> _Directions for this task_:
Repeat precisely the span of lines below that opens with the line containing "if_Ends n true p q h k = h" and closes with the line containing "length-drop (suc n) (c", both included.

=-=-=-=-=

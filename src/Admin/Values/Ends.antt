-- ===== src/Admin/Values/Ends.antt =====
-- `skip_value` and the loop over the members of an object end.
use asio_owen.Prelude.{
  ℕ, suc, zero, ◌+◌, ◌*◌, ◌≤◌, ◌<◌, ◌==◌, Bool, true, false, ◌||◌, [], ◌∷◌, if◌then◌else◌, some,
  none, Bytes, codes, is_digit, read_digits, starts_with, drop, length, ◌≡◌, refl, arith,
  Bool-cases, inl, inr,
}
use asio_owen.Admin.Json.{
  Parsed, parsed, refused, and_then, or_fail, skip_ws, consume, expect, parse_string, read_number,
  number_at, parse_int64,
}
use asio_owen.Admin.Values.{
  skip_digits, some_digits, fraction, skip_number, Start, a_string, an_object, an_array, a_number,
  a_word, no_value, start_of, Skip, in_value, in_members, in_elements, skip, skip_value,
  object_loop,
}
use asio_owen.Admin.Json.Ends.{
  Ends, and_then-Ends, or_fail-Ends, Ends-mono, length-skip_ws, consume-Ends, expect-Ends,
  parse_string-Ends,
}

length-skip_digits : (s : Bytes) → length (skip_digits s) ≤ length s
unfolding skip_digits
length-skip_digits [] = omega arith
length-skip_digits (c ∷ s) = ground (arith, length-skip_digits s)

some_digits-Ends :
    (s : Bytes) (next : Bytes → Parsed Unit)
    → ((rest : Bytes) → Ends (suc (length rest)) (next rest))
    → Ends (length s) (some_digits s next)
some_digits-Ends s next h = elim (Bool-cases (length (skip_digits s) == length s)) [
  | inl e ↦ rw (Ends, e) tt
  | inr e ↦
      rw (Ends, e)
        (Ends-mono (suc (length (skip_digits s))) (length s) _
          (ground (arith, length-skip_digits s)) (h (skip_digits s)))
]

pub if_Ends :
    {A : Type 0} (n : ℕ) (b : Bool) (p q : Parsed A)
    → Ends n p
    → Ends n q
    → Ends n (if b then p else q)
if_Ends n true p q h k = h
if_Ends n false p q h k = k

fraction-Ends : (s : Bytes) → Ends (suc (length s)) (fraction s)
fraction-Ends [] = omega arith
fraction-Ends (c ∷ s) =
    if_Ends (suc (suc (length s))) (c == b'.') (some_digits s (λ rest. parsed tt rest))
      (parsed tt (c ∷ s))
      (Ends-mono (length s) _ _ (omega arith)
        (some_digits-Ends s (λ rest. parsed tt rest) (λ rest. omega arith)))
      (omega arith)

skip_number-Ends : (s : Bytes) → Ends (length s) (skip_number s)
unfolding skip_number
skip_number-Ends [] = tt
skip_number-Ends (c ∷ s) =
    if_Ends (suc (length s)) (c == b'-') (some_digits s fraction) (some_digits (c ∷ s) fraction)
      (Ends-mono (length s) _ _ (omega arith) (some_digits-Ends s fraction fraction-Ends))
      (some_digits-Ends (c ∷ s) fraction fraction-Ends)

length-drop : (n : ℕ) (s : Bytes) → length (drop n s) ≤ length s
length-drop zero s = omega arith
length-drop (suc n) [] = omega arith
length-drop (suc n) (c ∷ s) = omega (arith, length-drop n s)

-- What is left when the start of a value is read.
abbrev IsStart : ℕ → Bytes → Start → Type 0
IsStart n t (an_object inside) = length inside < n
IsStart n t (an_array inside) = length inside < n
IsStart n t (a_word k) = length (drop k t) < n
IsStart n t _ = Unit

if_IsStart :
    (n : ℕ) (t : Bytes) (b : Bool) (p q : Start)
    → IsStart n t p
    → IsStart n t q
    → IsStart n t (if b then p else q)
if_IsStart n t true p q h k = h
if_IsStart n t false p q h k = k

start_of-IsStart : (t : Bytes) → IsStart (length t) t (start_of t)
unfolding start_of
start_of-IsStart [] = tt
start_of-IsStart (c ∷ s) =
    let inside : length s < suc (length s) = omega arith in
    let word : (k : ℕ) → length (drop k s) < suc (length s) = λ k. omega (arith, length-drop k s) in
    let t = c ∷ s in
    if_IsStart _ t (c == 34) _ _ tt (
      if_IsStart _ t (c == b'{') _ _ inside (
        if_IsStart _ t (c == b'[') _ _ inside (
          if_IsStart _ t (is_digit c || c == b'-') _ _ tt (
            if_IsStart _ t (starts_with (codes "true") t) _ _ (word 3) (
              if_IsStart _ t (starts_with (codes "false") t) _ _ (word 4)
                (if_IsStart _ t (starts_with (codes "null") t) _ _ (word 3) tt))))))

-- The fuel that is enough.
abbrev need : Skip → ℕ → ℕ
need in_value n = 2 * n + 1
need in_members n = 2 * n + 2
need in_elements n = 2 * n + 2

skip-Ends :
    (fuel : ℕ) (k : Skip) (s : Bytes) → need k (length s) ≤ fuel → Ends (length s) (skip fuel k s)
unfolding skip
skip-Ends zero in_value s h = absurd (omega arith)
skip-Ends zero in_members s h = absurd (omega arith)
skip-Ends zero in_elements s h = absurd (omega arith)
skip-Ends (suc fuel) in_value s h =
    way (skip_ws s) (start_of (skip_ws s)) (length-skip_ws s) (start_of-IsStart (skip_ws s))
      (skip-Ends fuel)
  where
    way :
        (t : Bytes) (start : Start)
        → length t ≤ length s
        → IsStart (length t) t start
        → ((k : Skip) (r : Bytes) → need k (length r) ≤ fuel → Ends (length r) (skip fuel k r))
        → Ends {A = Unit} (length s) (elim start [
          | a_string ↦ and_then (parse_string t) (λ _ rest. parsed tt rest)
          | an_object inside ↦ elim (consume b'}' inside) [
            | some rest ↦ parsed tt rest
            | none ↦ skip fuel in_members inside
          ]
          | an_array inside ↦ elim (consume b']' inside) [
            | some rest ↦ parsed tt rest
            | none ↦ skip fuel in_elements inside
          ]
          | a_number ↦ skip_number t
          | a_word n ↦ parsed tt (drop n t)
          | no_value ↦ refused []
        ])
    way t a_string l i more =
        and_then-Ends (length t) (length s) (parse_string t) _ (parse_string-Ends t)
          (λ _ rest j. omega arith)
    way t (an_object inside) l i more =
        consume-Ends b'}' (length s) inside (skip fuel in_members inside) (λ rest. parsed tt rest)
          (Ends-mono (length inside) _ _ (omega arith) (more in_members inside (omega arith)))
          (λ rest j. omega arith)
    way t (an_array inside) l i more =
        consume-Ends b']' (length s) inside (skip fuel in_elements inside) (λ rest. parsed tt rest)
          (Ends-mono (length inside) _ _ (omega arith) (more in_elements inside (omega arith)))
          (λ rest j. omega arith)
    way t a_number l i more = Ends-mono (length t) (length s) _ l (skip_number-Ends t)
    way t (a_word n) l i more = omega arith
    way t no_value l i more = tt
skip-Ends (suc fuel) in_members s h =
    and_then-Ends (length s) _ (parse_string s) _ (parse_string-Ends s) (λ _ t i.
      and_then-Ends (length t) _ (expect b':' [] t) _ (expect-Ends b':' [] t) (λ _ u j.
        and_then-Ends (length u) _ (skip fuel in_value u) _
          (skip-Ends fuel in_value u (omega arith))
          (λ _ v l.
            consume-Ends b',' (length s) v (expect b'}' [] v) (λ rest. skip fuel in_members rest)
              (Ends-mono (length v) _ _ (omega arith) (expect-Ends b'}' [] v))
              (λ rest m.
                Ends-mono (length rest) _ _ (omega arith)
                  (skip-Ends fuel in_members rest (omega arith))))))
skip-Ends (suc fuel) in_elements s h =
    and_then-Ends (length s) _ (skip fuel in_value s) _ (skip-Ends fuel in_value s (omega arith))
      (λ _ v l.
        consume-Ends b',' (length s) v (expect b']' [] v) (λ rest. skip fuel in_elements rest)
          (Ends-mono (length v) _ _ (omega arith) (expect-Ends b']' [] v))
          (λ rest m.
            Ends-mono (length rest) _ _ (omega arith)
              (skip-Ends fuel in_elements rest (omega arith))))

pub skip_value-Ends : (s : Bytes) → Ends (length s) (skip_value s)
unfolding skip_value
skip_value-Ends s = skip-Ends (2 * length s + 1) in_value s (omega arith)

unless_Ends :
    {A : Type 0} (n : ℕ) (b : Bool) (error : Bytes) (p : Parsed A)
    → (b ≡ false → Ends n p)
    → Ends n (if b then refused error else p)
unless_Ends n true error p h = tt
unless_Ends n false error p h = h refl

length-drop_some :
    (n c : ℕ) (s : Bytes) → ((n == 0) ≡ false) → length (drop n (c ∷ s)) < suc (length s)
length-drop_some zero c s h = cc
length-drop_some (suc n) c s h = omega (arith, length-drop n s)

read_number-Ends : (negative : Bool) (s : Bytes) → Ends (length s) (read_number negative s)
unfolding read_number read_digits
read_number-Ends true [] = tt
read_number-Ends false [] = tt
read_number-Ends negative (c ∷ s) =
    let n = (read_digits 0 0 (c ∷ s)).1 in
    unless_Ends (suc (length s)) (n == 0 || _) [] (parsed _ (drop n (c ∷ s)))
      (λ e. length-drop_some n c s (ground (arith, e)))

pub parse_int64-Ends : (s : Bytes) → Ends (length s) (parse_int64 s)
unfolding parse_int64
parse_int64-Ends s = at (skip_ws s) (length-skip_ws s)
  where
    at : (t : Bytes) → length t ≤ length s → Ends (length s) (number_at t)
    at [] h = tt
    at (c ∷ t) h =
        if_Ends (length s) (c == b'-') (read_number true t) (read_number false (c ∷ t))
          (Ends-mono (length t) _ _ (omega arith) (read_number-Ends true t))
          (Ends-mono (suc (length t)) _ _ h (read_number-Ends false (c ∷ t)))

pub object_loop-Ends :
    {R : Type 0} (fuel : ℕ) (field : Bytes → R → Bytes → Parsed R)
    → ((key : Bytes) (r : R) (s : Bytes) → Ends (length s) (field key r s))
    → (r : R) (s : Bytes) → length s < fuel
    → Ends (length s) (object_loop fuel field r s)
unfolding object_loop
object_loop-Ends zero field f r s h = omega arith
object_loop-Ends (suc fuel) field f r s h =
    consume-Ends b'}' (length s) s _ (λ rest. parsed r rest)
      (and_then-Ends (length s) _ (or_fail _ (parse_string s)) _
        (or_fail-Ends (length s) _ (parse_string s) (parse_string-Ends s))
        (λ key t i. and_then-Ends (length t) _ (expect b':' _ t) _ (expect-Ends b':' _ t) (λ _ u j.
          and_then-Ends (length u) _ (field key r u) _ (f key r u) (λ r v l.
            consume-Ends b',' (length s) v _ (λ rest. object_loop fuel field r rest)
              (and_then-Ends (length v) _ (expect b'}' _ v) _ (expect-Ends b'}' _ v)
                (λ _ rest m. omega arith))
              (λ rest m.
                Ends-mono (length rest) _ _ (omega arith)
                  (object_loop-Ends fuel field f r rest (omega arith)))))))
      (λ rest l. l)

=-=-=-=-=

> _Problem solution_:
if_Ends n true p q h k = h
if_Ends n false p q h k = k

fraction-Ends : (s : Bytes) → Ends (suc (length s)) (fraction s)
fraction-Ends [] = omega arith
fraction-Ends (c ∷ s) =
    if_Ends (suc (suc (length s))) (c == b'.') (some_digits s (λ rest. parsed tt rest))
      (parsed tt (c ∷ s))
      (Ends-mono (length s) _ _ (omega arith)
        (some_digits-Ends s (λ rest. parsed tt rest) (λ rest. omega arith)))
      (omega arith)

skip_number-Ends : (s : Bytes) → Ends (length s) (skip_number s)
unfolding skip_number
skip_number-Ends [] = tt
skip_number-Ends (c ∷ s) =
    if_Ends (suc (length s)) (c == b'-') (some_digits s fraction) (some_digits (c ∷ s) fraction)
      (Ends-mono (length s) _ _ (omega arith) (some_digits-Ends s fraction fraction-Ends))
      (some_digits-Ends (c ∷ s) fraction fraction-Ends)

length-drop : (n : ℕ) (s : Bytes) → length (drop n s) ≤ length s
length-drop zero s = omega arith
length-drop (suc n) [] = omega arith
length-drop (suc n) (c ∷ s) = omega (arith, length-drop n s)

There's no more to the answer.